**EXTRACTED ENTRIES:**
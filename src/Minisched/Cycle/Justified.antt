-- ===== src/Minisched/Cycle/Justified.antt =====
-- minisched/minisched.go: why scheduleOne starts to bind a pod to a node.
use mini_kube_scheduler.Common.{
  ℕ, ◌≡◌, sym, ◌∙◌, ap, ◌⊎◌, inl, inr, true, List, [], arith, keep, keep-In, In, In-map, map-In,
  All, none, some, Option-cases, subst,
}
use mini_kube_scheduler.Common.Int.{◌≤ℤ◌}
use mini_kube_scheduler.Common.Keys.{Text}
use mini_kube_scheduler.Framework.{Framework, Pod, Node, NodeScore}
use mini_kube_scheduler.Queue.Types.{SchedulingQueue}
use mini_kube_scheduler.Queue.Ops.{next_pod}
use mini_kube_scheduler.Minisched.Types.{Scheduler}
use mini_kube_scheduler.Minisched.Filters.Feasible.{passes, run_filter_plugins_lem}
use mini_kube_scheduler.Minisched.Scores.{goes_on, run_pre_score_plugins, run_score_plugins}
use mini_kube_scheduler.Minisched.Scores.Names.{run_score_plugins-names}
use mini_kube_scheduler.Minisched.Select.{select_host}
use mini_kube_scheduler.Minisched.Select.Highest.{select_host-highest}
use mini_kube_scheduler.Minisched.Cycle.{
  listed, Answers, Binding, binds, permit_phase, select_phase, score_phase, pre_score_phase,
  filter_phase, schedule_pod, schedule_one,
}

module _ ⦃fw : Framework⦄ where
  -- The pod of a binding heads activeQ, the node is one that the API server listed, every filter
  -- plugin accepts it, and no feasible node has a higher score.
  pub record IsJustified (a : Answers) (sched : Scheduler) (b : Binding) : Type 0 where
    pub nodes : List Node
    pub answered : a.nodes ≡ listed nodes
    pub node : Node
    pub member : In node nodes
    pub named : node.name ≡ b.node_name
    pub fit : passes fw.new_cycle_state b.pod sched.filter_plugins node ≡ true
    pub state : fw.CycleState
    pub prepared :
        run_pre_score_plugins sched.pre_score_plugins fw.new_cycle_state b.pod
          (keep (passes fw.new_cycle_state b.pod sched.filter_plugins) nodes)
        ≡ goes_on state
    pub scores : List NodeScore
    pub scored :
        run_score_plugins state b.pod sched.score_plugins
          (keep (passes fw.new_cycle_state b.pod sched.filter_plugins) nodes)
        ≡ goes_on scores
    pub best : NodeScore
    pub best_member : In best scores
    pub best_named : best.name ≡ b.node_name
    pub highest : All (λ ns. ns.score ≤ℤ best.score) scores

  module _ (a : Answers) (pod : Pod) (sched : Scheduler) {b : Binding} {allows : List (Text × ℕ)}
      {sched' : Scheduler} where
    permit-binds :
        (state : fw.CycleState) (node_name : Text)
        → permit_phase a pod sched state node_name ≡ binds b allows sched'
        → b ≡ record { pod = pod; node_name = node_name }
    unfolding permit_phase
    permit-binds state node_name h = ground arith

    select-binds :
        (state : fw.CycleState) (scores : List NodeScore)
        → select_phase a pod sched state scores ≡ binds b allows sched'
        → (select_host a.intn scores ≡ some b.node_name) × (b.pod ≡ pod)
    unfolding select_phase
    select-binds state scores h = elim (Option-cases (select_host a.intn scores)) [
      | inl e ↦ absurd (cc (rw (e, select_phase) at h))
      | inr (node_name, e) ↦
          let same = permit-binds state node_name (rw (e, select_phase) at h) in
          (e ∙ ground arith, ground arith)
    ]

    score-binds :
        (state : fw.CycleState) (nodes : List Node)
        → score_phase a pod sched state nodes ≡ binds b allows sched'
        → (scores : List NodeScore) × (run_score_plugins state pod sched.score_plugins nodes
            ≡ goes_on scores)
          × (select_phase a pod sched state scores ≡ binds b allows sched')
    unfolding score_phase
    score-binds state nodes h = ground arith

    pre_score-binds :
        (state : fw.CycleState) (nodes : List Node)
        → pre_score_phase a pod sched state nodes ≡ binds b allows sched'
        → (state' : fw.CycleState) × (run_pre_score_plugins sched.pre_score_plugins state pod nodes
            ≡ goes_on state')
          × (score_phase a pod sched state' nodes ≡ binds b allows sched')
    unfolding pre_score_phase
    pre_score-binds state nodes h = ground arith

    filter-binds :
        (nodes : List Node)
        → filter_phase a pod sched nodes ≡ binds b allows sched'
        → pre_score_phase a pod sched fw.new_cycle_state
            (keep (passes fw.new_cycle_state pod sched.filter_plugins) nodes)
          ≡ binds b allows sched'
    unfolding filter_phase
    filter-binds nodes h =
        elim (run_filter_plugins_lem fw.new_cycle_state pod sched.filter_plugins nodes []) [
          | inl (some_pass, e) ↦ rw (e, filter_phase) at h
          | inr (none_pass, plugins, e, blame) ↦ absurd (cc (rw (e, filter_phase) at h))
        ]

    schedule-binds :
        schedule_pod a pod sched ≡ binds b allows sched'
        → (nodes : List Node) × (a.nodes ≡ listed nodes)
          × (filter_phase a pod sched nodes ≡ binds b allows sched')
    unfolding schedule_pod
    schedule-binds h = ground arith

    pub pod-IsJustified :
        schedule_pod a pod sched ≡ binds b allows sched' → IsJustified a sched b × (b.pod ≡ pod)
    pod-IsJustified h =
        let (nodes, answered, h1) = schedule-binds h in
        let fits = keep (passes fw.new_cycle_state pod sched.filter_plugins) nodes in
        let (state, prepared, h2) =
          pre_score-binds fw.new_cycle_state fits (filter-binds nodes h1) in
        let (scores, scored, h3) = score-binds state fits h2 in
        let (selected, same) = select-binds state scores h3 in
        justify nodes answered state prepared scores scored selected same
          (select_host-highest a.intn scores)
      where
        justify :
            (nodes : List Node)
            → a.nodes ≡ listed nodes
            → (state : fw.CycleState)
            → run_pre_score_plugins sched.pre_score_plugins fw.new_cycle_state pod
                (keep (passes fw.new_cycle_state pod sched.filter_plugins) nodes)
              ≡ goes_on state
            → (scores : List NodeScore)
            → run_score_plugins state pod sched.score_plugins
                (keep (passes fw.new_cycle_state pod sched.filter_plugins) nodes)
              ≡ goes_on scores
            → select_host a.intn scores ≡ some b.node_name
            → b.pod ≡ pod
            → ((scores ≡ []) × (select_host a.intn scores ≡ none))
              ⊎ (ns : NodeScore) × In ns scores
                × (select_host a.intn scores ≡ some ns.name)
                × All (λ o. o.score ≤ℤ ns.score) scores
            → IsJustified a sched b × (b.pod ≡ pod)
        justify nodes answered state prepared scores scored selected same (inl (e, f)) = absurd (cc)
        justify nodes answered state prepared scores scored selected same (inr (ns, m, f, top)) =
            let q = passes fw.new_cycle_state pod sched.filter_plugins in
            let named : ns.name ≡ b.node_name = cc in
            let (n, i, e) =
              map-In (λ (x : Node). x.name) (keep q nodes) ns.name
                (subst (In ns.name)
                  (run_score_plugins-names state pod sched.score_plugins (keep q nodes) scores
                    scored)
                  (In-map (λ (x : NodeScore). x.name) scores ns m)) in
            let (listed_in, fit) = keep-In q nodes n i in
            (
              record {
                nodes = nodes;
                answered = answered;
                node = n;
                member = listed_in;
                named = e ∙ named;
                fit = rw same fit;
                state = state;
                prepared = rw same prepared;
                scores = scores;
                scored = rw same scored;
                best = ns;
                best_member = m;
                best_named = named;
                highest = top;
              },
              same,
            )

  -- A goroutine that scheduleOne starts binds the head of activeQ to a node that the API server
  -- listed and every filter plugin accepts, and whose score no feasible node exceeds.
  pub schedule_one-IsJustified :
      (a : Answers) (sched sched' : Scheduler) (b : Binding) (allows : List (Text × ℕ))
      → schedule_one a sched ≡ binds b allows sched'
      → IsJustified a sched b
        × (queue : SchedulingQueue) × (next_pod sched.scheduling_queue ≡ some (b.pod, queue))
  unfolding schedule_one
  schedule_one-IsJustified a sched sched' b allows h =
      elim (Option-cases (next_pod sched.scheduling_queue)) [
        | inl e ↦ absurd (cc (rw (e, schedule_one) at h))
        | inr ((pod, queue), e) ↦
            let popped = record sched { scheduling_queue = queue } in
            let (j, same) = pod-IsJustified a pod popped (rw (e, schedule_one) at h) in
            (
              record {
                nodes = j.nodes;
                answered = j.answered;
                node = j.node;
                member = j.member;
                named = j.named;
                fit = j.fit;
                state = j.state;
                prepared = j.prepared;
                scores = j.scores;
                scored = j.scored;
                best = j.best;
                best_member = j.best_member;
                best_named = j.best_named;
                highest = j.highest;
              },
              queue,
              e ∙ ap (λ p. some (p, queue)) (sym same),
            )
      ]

**WHAT YOU NEED TO DO:** Print out, without change, each line from the line holding "(a : Answers) (sched sched'" to the final line of the material.

**RESPONSE BELOW:**
      (a : Answers) (sched sched' : Scheduler) (b : Binding) (allows : List (Text × ℕ))
      → schedule_one a sched ≡ binds b allows sched'
      → IsJustified a sched b
        × (queue : SchedulingQueue) × (next_pod sched.scheduling_queue ≡ some (b.pod, queue))
  unfolding schedule_one
  schedule_one-IsJustified a sched sched' b allows h =
      elim (Option-cases (next_pod sched.scheduling_queue)) [
        | inl e ↦ absurd (cc (rw (e, schedule_one) at h))
        | inr ((pod, queue), e) ↦
            let popped = record sched { scheduling_queue = queue } in
            let (j, same) = pod-IsJustified a pod popped (rw (e, schedule_one) at h) in
            (
              record {
                nodes = j.nodes;
                answered = j.answered;
                node = j.node;
                member = j.member;
                named = j.named;
                fit = j.fit;
                state = j.state;
                prepared = j.prepared;
                scores = j.scores;
                scored = j.scored;
                best = j.best;
                best_member = j.best_member;
                best_named = j.best_named;
                highest = j.highest;
              },
              queue,
              e ∙ ap (λ p. some (p, queue)) (sym same),
            )
      ]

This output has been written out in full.